To do: Would you print out every entry exactly as given?

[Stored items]
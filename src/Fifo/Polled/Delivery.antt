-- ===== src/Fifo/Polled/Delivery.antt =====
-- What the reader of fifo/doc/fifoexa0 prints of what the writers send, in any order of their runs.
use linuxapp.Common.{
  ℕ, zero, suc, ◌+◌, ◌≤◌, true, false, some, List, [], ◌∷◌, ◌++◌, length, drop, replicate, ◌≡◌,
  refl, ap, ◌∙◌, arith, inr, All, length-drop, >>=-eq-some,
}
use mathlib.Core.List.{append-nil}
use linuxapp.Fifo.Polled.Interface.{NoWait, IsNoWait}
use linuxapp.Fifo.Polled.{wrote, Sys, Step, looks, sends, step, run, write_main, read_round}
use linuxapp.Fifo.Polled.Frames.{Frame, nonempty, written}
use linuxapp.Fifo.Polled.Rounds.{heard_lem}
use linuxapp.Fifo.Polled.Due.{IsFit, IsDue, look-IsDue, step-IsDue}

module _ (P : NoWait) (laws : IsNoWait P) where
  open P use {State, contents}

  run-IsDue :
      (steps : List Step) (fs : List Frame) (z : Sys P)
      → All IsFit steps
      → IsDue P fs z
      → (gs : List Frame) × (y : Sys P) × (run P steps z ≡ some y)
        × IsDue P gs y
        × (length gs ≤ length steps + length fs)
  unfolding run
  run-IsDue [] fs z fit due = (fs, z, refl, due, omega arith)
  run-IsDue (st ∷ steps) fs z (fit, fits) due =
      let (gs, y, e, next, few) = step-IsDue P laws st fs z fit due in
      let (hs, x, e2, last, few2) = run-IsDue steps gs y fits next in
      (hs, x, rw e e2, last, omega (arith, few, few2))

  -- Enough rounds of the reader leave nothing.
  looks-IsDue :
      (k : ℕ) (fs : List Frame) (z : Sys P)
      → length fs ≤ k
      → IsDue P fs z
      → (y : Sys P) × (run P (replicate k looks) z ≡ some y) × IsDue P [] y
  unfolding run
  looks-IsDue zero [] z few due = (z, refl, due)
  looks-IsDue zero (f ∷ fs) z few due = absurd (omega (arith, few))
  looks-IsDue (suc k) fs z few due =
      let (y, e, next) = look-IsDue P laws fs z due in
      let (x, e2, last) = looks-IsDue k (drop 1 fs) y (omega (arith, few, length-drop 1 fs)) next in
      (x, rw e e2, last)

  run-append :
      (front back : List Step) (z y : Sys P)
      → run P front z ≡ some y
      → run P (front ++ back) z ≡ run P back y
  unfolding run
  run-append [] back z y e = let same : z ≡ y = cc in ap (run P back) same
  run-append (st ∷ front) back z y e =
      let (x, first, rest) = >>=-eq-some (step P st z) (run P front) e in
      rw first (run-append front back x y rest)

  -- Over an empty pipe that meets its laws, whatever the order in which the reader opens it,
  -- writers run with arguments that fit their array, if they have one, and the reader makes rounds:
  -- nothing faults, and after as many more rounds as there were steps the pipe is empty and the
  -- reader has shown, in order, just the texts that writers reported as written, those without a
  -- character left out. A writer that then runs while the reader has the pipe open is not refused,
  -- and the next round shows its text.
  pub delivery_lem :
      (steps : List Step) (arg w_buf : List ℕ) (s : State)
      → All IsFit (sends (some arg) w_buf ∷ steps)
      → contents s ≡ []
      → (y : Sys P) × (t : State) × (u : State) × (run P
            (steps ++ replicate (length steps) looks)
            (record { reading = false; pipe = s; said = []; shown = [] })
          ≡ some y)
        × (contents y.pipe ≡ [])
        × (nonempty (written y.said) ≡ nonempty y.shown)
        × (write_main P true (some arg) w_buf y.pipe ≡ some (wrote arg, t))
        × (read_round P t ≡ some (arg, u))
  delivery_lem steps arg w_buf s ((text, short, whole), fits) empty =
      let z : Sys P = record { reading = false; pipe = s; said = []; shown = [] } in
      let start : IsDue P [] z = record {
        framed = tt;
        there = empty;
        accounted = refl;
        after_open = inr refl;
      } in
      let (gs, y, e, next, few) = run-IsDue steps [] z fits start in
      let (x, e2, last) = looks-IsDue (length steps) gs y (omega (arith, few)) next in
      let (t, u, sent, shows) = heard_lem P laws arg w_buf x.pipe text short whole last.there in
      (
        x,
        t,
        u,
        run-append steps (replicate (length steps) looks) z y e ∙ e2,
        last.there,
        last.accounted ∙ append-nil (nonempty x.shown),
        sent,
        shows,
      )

Solution for this task:
filename src/Fifo/Polled/Delivery.antt
-- ===== src/Fifo/Polled/Delivery.antt =====
-- What the reader of fifo/doc/fifoexa0 prints of what the writers send, in any order of their runs.
use linuxapp.Common.{
  ℕ, zero, suc, ◌+◌, ◌≤◌, true, false, some, List, [], ◌∷◌, ◌++◌, length, drop, replicate, ◌≡◌,
  refl, ap, ◌∙◌, arith, inr, All, length-drop, >>=-eq-some,
}
use mathlib.Core.List.{append-nil}
use linuxapp.Fifo.Polled.Interface.{NoWait, IsNoWait}
use linuxapp.Fifo.Polled.{wrote, Sys, Step, looks, sends, step, run, write_main, read_round}
use linuxapp.Fifo.Polled.Frames.{Frame, nonempty, written}
use linuxapp.Fifo.Polled.Rounds.{heard_lem}
use linuxapp.Fifo.Polled.Due.{IsFit, IsDue, look-IsDue, step-IsDue}

module _ (P : NoWait) (laws : IsNoWait P) where
  open P use {State, contents}

  run-IsDue :
      (steps : List Step) (fs : List Frame) (z : Sys P)
      → All IsFit steps
      → IsDue P fs z
      → (gs : List Frame) × (y : Sys P) × (run P steps z ≡ some y)
        × IsDue P gs y
        × (length gs ≤ length steps + length fs)
  unfolding run
  run-IsDue [] fs z fit due = (fs, z, refl, due, omega arith)
  run-IsDue (st ∷ steps) fs z (fit, fits) due =
      let (gs, y, e, next, few) = step-IsDue P laws st fs z fit due in
      let (hs, x, e2, last, few2) = run-IsDue steps gs y fits next in
      (hs, x, rw e e2, last, omega (arith, few, few2))

  -- Enough rounds of the reader leave nothing.
  looks-IsDue :
      (k : ℕ) (fs : List Frame) (z : Sys P)
      → length fs ≤ k
      → IsDue P fs z
      → (y : Sys P) × (run P (replicate k looks) z ≡ some y) × IsDue P [] y
  unfolding run
  looks-IsDue zero [] z few due = (z, refl, due)
  looks-IsDue zero (f ∷ fs) z few due = absurd (omega (arith, few))
  looks-IsDue (suc k) fs z few due =
      let (y, e, next) = look-IsDue P laws fs z due in
      let (x, e2, last) = looks-IsDue k (drop 1 fs) y (omega (arith, few, length-drop 1 fs)) next in
      (x, rw e e2, last)

  run-append :
      (front back : List Step) (z y : Sys P)
      → run P front z ≡ some y
      → run P (front ++ back) z ≡ run P back y
  unfolding run
  run-append [] back z y e = let same : z ≡ y = cc in ap (run P back) same
  run-append (st ∷ front) back z y e =
      let (x, first, rest) = >>=-eq-some (step P st z) (run P front) e in
      rw first (run-append front back x y rest)

  -- Over an empty pipe that meets its laws, whatever the order in which the reader opens it,
  -- writers run with arguments that fit their array, if they have one, and the reader makes rounds:
  -- nothing faults, and after as many more rounds as there were steps the pipe is empty and the
  -- reader has shown, in order, just the texts that writers reported as written, those without a
  -- character left out. A writer that then runs while the reader has the pipe open is not refused,
  -- and the next round shows its text.
  pub delivery_lem :
      (steps : List Step) (arg w_buf : List ℕ) (s : State)
      → All IsFit (sends (some arg) w_buf ∷ steps)
      → contents s ≡ []
      → (y : Sys P) × (t : State) × (u : State) × (run P
            (steps ++ replicate (length steps) looks)
            (record { reading = false; pipe = s; said = []; shown = [] })
          ≡ some y)
        × (contents y.pipe ≡ [])
        × (nonempty (written y.said) ≡ nonempty y.shown)
        × (write_main P true (some arg) w_buf y.pipe ≡ some (wrote arg, t))
        × (read_round P t ≡ some (arg, u))
  delivery_lem steps arg w_buf s ((text, short, whole), fits) empty =
      let z : Sys P = record { reading = false; pipe = s; said = []; shown = [] } in
      let start : IsDue P [] z = record {
        framed = tt;
        there = empty;
        accounted = refl;
        after_open = inr refl;
      } in
      let (gs, y, e, next, few) = run-IsDue steps [] z fits start in
      let (x, e2, last) = looks-IsDue (length steps) gs y (omega (arith, few)) next in
      let (t, u, sent, shows) = heard_lem P laws arg w_buf x.pipe text short whole last.there in
      (
        x,
        t,
        u,
        run-append steps (replicate (length steps) looks) z y e ∙ e2,
        last.there,
        last.accounted ∙ append-nil (nonempty x.shown),
        sent,
        shows,
      )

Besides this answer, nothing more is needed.